Second, this is completely irrelevant for read-only operations (like log, Browse Repository, etc.) which were the ones concerned here.
And third... again, it sounds like you're only saying this because you haven't used TortoiseGit, because (shockingly enough, to someone coming from the git CLI) it's not a minefield; in fact it has a number of safeguards. "Commit" creates a commit, "Revert" reverts your changes, "Checkout" checks out a commit, etc... and in fact fails if your tree is dirty, so you don't lose data. Heck, sometimes the git commands it prints end up being more correct than what you'd type on the command line. I know I've learned a fair number of random git features from TortoiseGit.
> Not to mention you are now investing time learning a program that can be abandoned at any time and leave you without the basic knowledge necessary to manage your repo
Again, nobody said you shouldn't learn the CLI. In fact, I'll say it right here: you should definitely learn the CLI, especially for git, before moving to the GUI, or you will be confused (though even then, you'd probably be less confused than you would be if you started with the CLI itself).

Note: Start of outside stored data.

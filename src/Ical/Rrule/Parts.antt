-- ===== src/Ical/Rrule/Parts.antt =====
-- crates/mgmt-ical/src/rrule.rs: the parts of a rule with a single value are read back.
use mgmtui.Base.{
  ap, ◌∙◌, Bool-cases, inl, inr, any, ℕ, ◌≤◌, ◌≡◌, refl, arith, Text, text, text_eq, false, Option,
  none, some, List, ◌∷◌, ◌++◌, ltb, eqb,
}
use mgmtui.Base.Result.{ok}
use mgmtui.Base.Decimal.{digits, parse_unsigned-digits}
use mgmtui.Base.Chars.{split_once-append, to_ascii_uppercase, upper_char, Lacks, any-Lacks}
use mgmtui.Domain.Instant.{Instant}
use mgmtui.Domain.Recurrence.{
  Frequency, Weekday, mon, tue, wed, thu, fri, sat, sun, ical_token, RecurrenceRule,
}
use mgmtui.Ical.Dates.{Dates, format_datetime}
use mgmtui.Ical.Dates.Laws.{Survives, parse_datetime-format_datetime}
use mgmtui.Ical.Rrule.Tokens.{
  to_ascii_uppercase-IsToken, ical_token-IsToken, from_ical_token-ical_token,
}
use mgmtui.Ical.Rrule.{
  option_part, interval_part, wkst_part, u32_top, Reading, read_part, parse_part, parse_parts,
  parse_until,
}

abbrev pub reading : Frequency → RecurrenceRule → Reading
reading f r = record { freq = some f; rule = r }

abbrev pub AllOption : {A : Type 0} → (A → Type 0) → Option A → Type 0
AllOption P none = Unit
AllOption P (some a) = P a

module _ (dates : Dates) where
  pub parse_part-key :
      (key val : Text) (s : Reading)
      → Lacks b'=' key
      → to_ascii_uppercase key ≡ key
      → parse_part dates (key ++ (b'=' ∷ val)) s ≡ read_part dates key val s
  unfolding parse_part
  parse_part-key key val s h e =
      rw (split_once-append b'=' key val h, parse_part) (ap (λ k. read_part dates k val s) e)

  pub parse_parts-cons :
      (part : Text) (rest : List Text) (s s' : Reading)
      → parse_part dates part s ≡ ok s'
      → parse_parts dates (part ∷ rest) s ≡ parse_parts dates rest s'
  unfolding parse_parts
  parse_parts-cons part rest s s' e = rw e

  parse_until-format_datetime :
      (t : Instant) → Survives dates t → parse_until dates (format_datetime dates t) ≡ ok t
  unfolding parse_until
  parse_until-format_datetime t h = rw (parse_datetime-format_datetime dates t h, parse_until) refl

  module _ (f : Frequency) (rest : List Text) (r : RecurrenceRule) where
    -- A part whose key stands in capital letters.
    pub named :
        (key val : Text) (s s' : Reading)
        → any (λ x. eqb x b'=') key ≡ false
        → to_ascii_uppercase key ≡ key
        → read_part dates key val s ≡ ok s'
        → parse_parts dates ((key ++ (b'=' ∷ val)) ∷ rest) s ≡ parse_parts dates rest s'
    named key val s s' h e read =
        parse_parts-cons _ rest s s' (parse_part-key key val s (any-Lacks b'=' key h) e ∙ read)

    read_wkst_token :
        (w : Weekday)
        → parse_parts dates
            ((text "WKST=" ++ ical_token w) ∷ rest)
            (reading f (record r { wkst = mon }))
          ≡ parse_parts dates rest (reading f (record r { wkst = w }))
    read_wkst_token w =
        named (text "WKST") (ical_token w) _ _ refl (unfold to_ascii_uppercase upper_char in refl) (
          unfold read_part text_eq in
          rw (
            to_ascii_uppercase-IsToken (ical_token w) (ical_token-IsToken w),
            from_ical_token-ical_token w,
          ))

    pub read_interval :
        1 ≤ r.interval
        → r.interval ≤ u32_top
        → parse_parts dates
            (interval_part r.interval ++ rest)
            (reading f (record r { interval = 1 }))
          ≡ parse_parts dates rest (reading f r)
    read_interval lo hi = elim (Bool-cases (ltb 1 r.interval)) [
      | inl e ↦ rw e (
          named (text "INTERVAL") (digits r.interval) _ _ refl
            (unfold to_ascii_uppercase upper_char in refl)
            (unfold read_part text_eq in rw (parse_unsigned-digits u32_top r.interval hi)))
      | inr e ↦
          rw e (
            ap (λ n. parse_parts dates rest (reading f (record r { interval = n }))) (ground arith))
    ]

    pub read_count :
        (c : Option ℕ)
        → AllOption (λ n. n ≤ u32_top) c
        → parse_parts dates
            (option_part (text "COUNT=") digits c ++ rest)
            (reading f (record r { count = none }))
          ≡ parse_parts dates rest (reading f (record r { count = c }))
    read_count none h = refl
    read_count (some n) h =
        named (text "COUNT") (digits n) _ _ refl (unfold to_ascii_uppercase upper_char in refl)
          (unfold read_part text_eq in rw (parse_unsigned-digits u32_top n h))

    pub read_until :
        (u : Option Instant)
        → AllOption (Survives dates) u
        → parse_parts dates
            (option_part (text "UNTIL=") (format_datetime dates) u ++ rest)
            (reading f (record r { until = none }))
          ≡ parse_parts dates rest (reading f (record r { until = u }))
    read_until none h = refl
    read_until (some t) h =
        named (text "UNTIL") (format_datetime dates t) _ _ refl
          (unfold to_ascii_uppercase upper_char in refl)
          (unfold read_part text_eq in rw (parse_until-format_datetime t h))

    pub read_wkst :
        (w : Weekday)
        → parse_parts dates (wkst_part w ++ rest) (reading f (record r { wkst = mon }))
          ≡ parse_parts dates rest (reading f (record r { wkst = w }))
    read_wkst mon = refl
    read_wkst tue = read_wkst_token tue
    read_wkst wed = read_wkst_token wed
    read_wkst thu = read_wkst_token thu
    read_wkst fri = read_wkst_token fri
    read_wkst sat = read_wkst_token sat
    read_wkst sun = read_wkst_token sun
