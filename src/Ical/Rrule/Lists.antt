-- ===== src/Ical/Rrule/Lists.antt =====
-- crates/mgmt-ical/src/rrule.rs: the parts of a rule with lists of values are read back.
use mgmtui.Base.{
  ap, ◌∙◌, ℕ, ◌≤◌, ◌≡◌, refl, Text, text, text_eq, List, [], ◌∷◌, ◌++◌, map, All, All-map,
}
use mgmtui.Base.Int.{ℤ}
use mgmtui.Base.Result.{Result, ok}
use mgmtui.Base.Decimal.{digits, show_signed, Fits, parse_unsigned-digits, parse_signed-show_signed}
use mgmtui.Base.Chars.{split-join, join, to_ascii_uppercase, upper_char, Lacks}
use mgmtui.Domain.Recurrence.{Frequency, ByDay, RecurrenceRule}
use mgmtui.Ical.Dates.{Dates}
use mgmtui.Ical.Rrule.Tokens.{
  IsToken-Lacks, digits-IsToken, show_signed-IsToken, byday_token-IsToken, FitsByDay,
  parse_byday-byday_token,
}
use mgmtui.Ical.Rrule.Parts.{named, reading}
use mgmtui.Ical.Rrule.{
  byday_token, list_part, RruleError, parse_byday, parse_each, parse_list, parse_monthday,
  parse_month, parse_setpos, read_part, parse_parts,
}

module _ {A : Type 0} (f : Text → Result RruleError A) (show : A → Text) where
  parse_each-map :
      (xs : List A) → All (λ x. f (show x) ≡ ok x) xs → parse_each f (map show xs) ≡ ok xs
  unfolding parse_each
  parse_each-map [] h = refl
  parse_each-map (x ∷ xs) h = rw (h.0, parse_each-map xs h.1)

  parse_list-join :
      (x : A) (xs : List A)
      → All (λ x. (f (show x) ≡ ok x) × Lacks b',' (show x)) (x ∷ xs)
      → parse_list f (join b',' (map show (x ∷ xs))) ≡ ok (x ∷ xs)
  parse_list-join x xs h =
      ap (parse_each f) (split-join b',' (show x) (map show xs) (All_map-lacks (x ∷ xs) h))
      ∙ parse_each-map (x ∷ xs) (All-map _ _ (λ y p. p.0) (x ∷ xs) h)
    where
      All_map-lacks :
          (ys : List A)
          → All (λ x. (f (show x) ≡ ok x) × Lacks b',' (show x)) ys
          → All (Lacks b',') (map show ys)
      All_map-lacks [] h = tt
      All_map-lacks (y ∷ ys) h = (h.0.1, All_map-lacks ys h.1)

module _ (dates : Dates) where
  module _ (f : Frequency) (rest : List Text) (r : RecurrenceRule) where
    pub read_weekdays :
        (xs : List ByDay)
        → All FitsByDay xs
        → parse_parts dates
            (list_part (text "BYDAY=") byday_token xs ++ rest)
            (reading f (record r { by_weekday = [] }))
          ≡ parse_parts dates rest (reading f (record r { by_weekday = xs }))
    read_weekdays [] h = refl
    read_weekdays (x ∷ xs) h =
        named dates f rest r (text "BYDAY") _ _ _ refl
          (unfold to_ascii_uppercase upper_char in refl)
          (unfold read_part text_eq in
            rw (
              parse_list-join parse_byday byday_token x xs (
                All-map _ _
                  (λ y k. (
                    parse_byday-byday_token y k,
                    IsToken-Lacks b',' _ refl (byday_token-IsToken y),
                  ))
                  (x ∷ xs) h)))

    pub read_monthdays :
        (xs : List ℤ)
        → All (Fits 127) xs
        → parse_parts dates
            (list_part (text "BYMONTHDAY=") show_signed xs ++ rest)
            (reading f (record r { by_monthday = [] }))
          ≡ parse_parts dates rest (reading f (record r { by_monthday = xs }))
    read_monthdays [] h = refl
    read_monthdays (x ∷ xs) h =
        named dates f rest r (text "BYMONTHDAY") _ _ _ refl
          (unfold to_ascii_uppercase upper_char in refl)
          (unfold read_part text_eq in
            rw (
              parse_list-join parse_monthday show_signed x xs (
                All-map _ _
                  (λ y k. (
                    rw (parse_signed-show_signed 127 y k),
                    IsToken-Lacks b',' _ refl (show_signed-IsToken y),
                  ))
                  (x ∷ xs) h)))

    pub read_months :
        (xs : List ℕ)
        → All (λ n. n ≤ 255) xs
        → parse_parts dates
            (list_part (text "BYMONTH=") digits xs ++ rest)
            (reading f (record r { by_month = [] }))
          ≡ parse_parts dates rest (reading f (record r { by_month = xs }))
    read_months [] h = refl
    read_months (x ∷ xs) h =
        named dates f rest r (text "BYMONTH") _ _ _ refl
          (unfold to_ascii_uppercase upper_char in refl)
          (unfold read_part text_eq in
            rw (
              parse_list-join parse_month digits x xs (
                All-map _ _
                  (λ y k. (
                    rw (parse_unsigned-digits 255 y k),
                    IsToken-Lacks b',' _ refl (digits-IsToken y),
                  ))
                  (x ∷ xs) h)))

    pub read_setpos :
        (xs : List ℤ)
        → All (Fits 32767) xs
        → parse_parts dates
            (list_part (text "BYSETPOS=") show_signed xs ++ rest)
            (reading f (record r { by_setpos = [] }))
          ≡ parse_parts dates rest (reading f (record r { by_setpos = xs }))
    read_setpos [] h = refl
    read_setpos (x ∷ xs) h =
        named dates f rest r (text "BYSETPOS") _ _ _ refl
          (unfold to_ascii_uppercase upper_char in refl)
          (unfold read_part text_eq in
            rw (
              parse_list-join parse_setpos show_signed x xs (
                All-map _ _
                  (λ y k. (
                    rw (parse_signed-show_signed 32767 y k),
                    IsToken-Lacks b',' _ refl (show_signed-IsToken y),
                  ))
                  (x ∷ xs) h)))
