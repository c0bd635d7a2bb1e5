-- ===== src/Ical/Rrule/Panics.antt =====
-- crates/mgmt-ical/src/rrule.rs: where `parse_byday` cuts a character.
use mgmtui.Base.{
  Option-cases, inl, inr, take, drop, ◌-◌, ◌≤◌, ◌≡◌, ◌≢◌, ◌↔◌, arith, Text, false, [], ◌∷◌, length,
}
use mgmtui.Base.Result.{err}
use mgmtui.Base.Chars.{to_ascii_uppercase}
use mgmtui.Base.Utf8.{trim_utf8}
use mgmtui.Domain.Recurrence.{Weekday, from_ical_token}
use mgmtui.Ical.Value.{is_boundary}
use mgmtui.Ical.Rrule.{panic, parse_ordinal, parse_byday_upper, parse_byday}

parse_ordinal-ne-panic : (tok ord : Text) (w : Weekday) → parse_ordinal tok ord w ≢ err panic
unfolding parse_ordinal
parse_ordinal-ne-panic tok [] w e = cc
parse_ordinal-ne-panic tok (c ∷ cs) w e = ground arith

parse_byday_upper-eq-panic :
    (tok t : Text)
    → (parse_byday_upper tok t ≡ err panic)
      ↔ ((2 ≤ length t) × (is_boundary t (length t - 2) ≡ false))
unfolding parse_byday_upper
parse_byday_upper-eq-panic tok t = elim (Option-cases (from_ical_token (drop (length t - 2) t))) [
  | inl e ↦ ground arith
  | inr (w, e) ↦ ground (arith, parse_ordinal-ne-panic tok (take (length t - 2) t) w)
]

-- Reading a `BYDAY` value panics exactly when the trimmed value has two bytes or more, and the second
-- byte from its end continues a character.
pub parse_byday-eq-panic :
    (tok : Text)
    → (parse_byday tok ≡ err panic) ↔ (
        (2 ≤ length (to_ascii_uppercase (trim_utf8 tok)))
        × (is_boundary
              (to_ascii_uppercase (trim_utf8 tok))
              (length (to_ascii_uppercase (trim_utf8 tok)) - 2)
            ≡ false))
unfolding parse_byday
parse_byday-eq-panic tok = parse_byday_upper-eq-panic tok (to_ascii_uppercase (trim_utf8 tok))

> (not saying this would affect you this way, but it could certainly be a reason to not learn it in the first place).
No, it's most definitely not a reason not to learn it.The discussion was never about what you learn in the first place, but what you use. You should learn the command-line regardless. And even regarding usage, it's again a strawman: nobody even suggested you should never use the CLI. The question was "why do people want a graphical git client?" and the answer was "because it makes {tasks} easier", for some tasks. If you find any tasks that don't fall in that category, just use the CLI. It's just a tool after all, not a religion.